-- Opening Marker --

-- ===== src/Monitor/Tests.antt =====
-- A pod and a configuration, and the theorems at them.
use sunstorm_xactserver.Base.{
  ◌≡◌, refl, true, false, none, some, List, [], ◌∷◌, string_eq, if◌then◌else◌,
}
use sunstorm_xactserver.Config.{MainConfig, NamespaceInfo, get_context, global_context}
use sunstorm_xactserver.Base.Result.{ok}
use sunstorm_xactserver.Monitor.Data.{PodInfo, Api, place_all, get_namespaced_data}
use sunstorm_xactserver.Monitor.{
  waiting, other, Pod, is_disruption, is_containers_ready, is_running, compute_status,
}
use sunstorm_xactserver.Monitor.Status.{any, reasons, first_or, compute_status_lem}

abbrev pod : Pod
pod = record {
  phase = some "Running";
  conditions = record { kind = "ContainersReady"; status = "False" } ∷ [];
  containers =
      record { ready = true; state = other }
      ∷ record { ready = false; state = waiting (some "CrashLoopBackOff") }
      ∷ [];
}

crashing : compute_status pod ≡ some "CrashLoopBackOff"
unfolding compute_status string_eq
crashing = refl

compute_status_lem_example : compute_status pod ≡ (
    if is_running pod.phase
    then if any is_disruption pod.conditions
      then some "Terminating"
      else if any is_containers_ready pod.conditions
      then some "Running"
      else first_or (some "Running") (reasons pod.containers)
    else pod.phase)
compute_status_lem_example = compute_status_lem pod

abbrev config : MainConfig
config = record {
  global_region = "hub";
  global_region_context = none;
  global_region_target_address_and_database = none;
  regions = [];
}

abbrev shown : MainConfig
shown = record config { global_region_context = some "c" }

-- Two pods on one node, and one that has none.
abbrev listed : List PodInfo
listed =
    record { node_name = some "n"; name = "a"; pod = pod }
    ∷ record { node_name = none; name = "b"; pod = pod }
    ∷ record { node_name = some "n"; name = "c"; pod = pod }
    ∷ []

abbrev api : Api
api = record {
  list_pods = λ _. some listed;
  read_node = λ _ _. some (record { capacity = some ("4", "8Gi"); conditions = [] });
}

abbrev hub : NamespaceInfo
hub = record {
  region = "hub";
  id = 0;
  target_address_and_database = none;
  warmup = 0;
  benchbase_instances = 1;
}

read : get_namespaced_data api shown "global" hub ≡ ok (place_all api 0 listed [])
unfolding get_namespaced_data get_context global_context string_eq
read = refl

-- Closing Marker --

# INSTRUCTIONS FOR THE TASK:
Only one stretch of the data is wanted: the lines from the one with "unfolding get_namespaced_data get_context" through the last, repeated exactly.

# EXERCISE ANSWER:
unfolding get_namespaced_data get_context global_context string_eq
read = refl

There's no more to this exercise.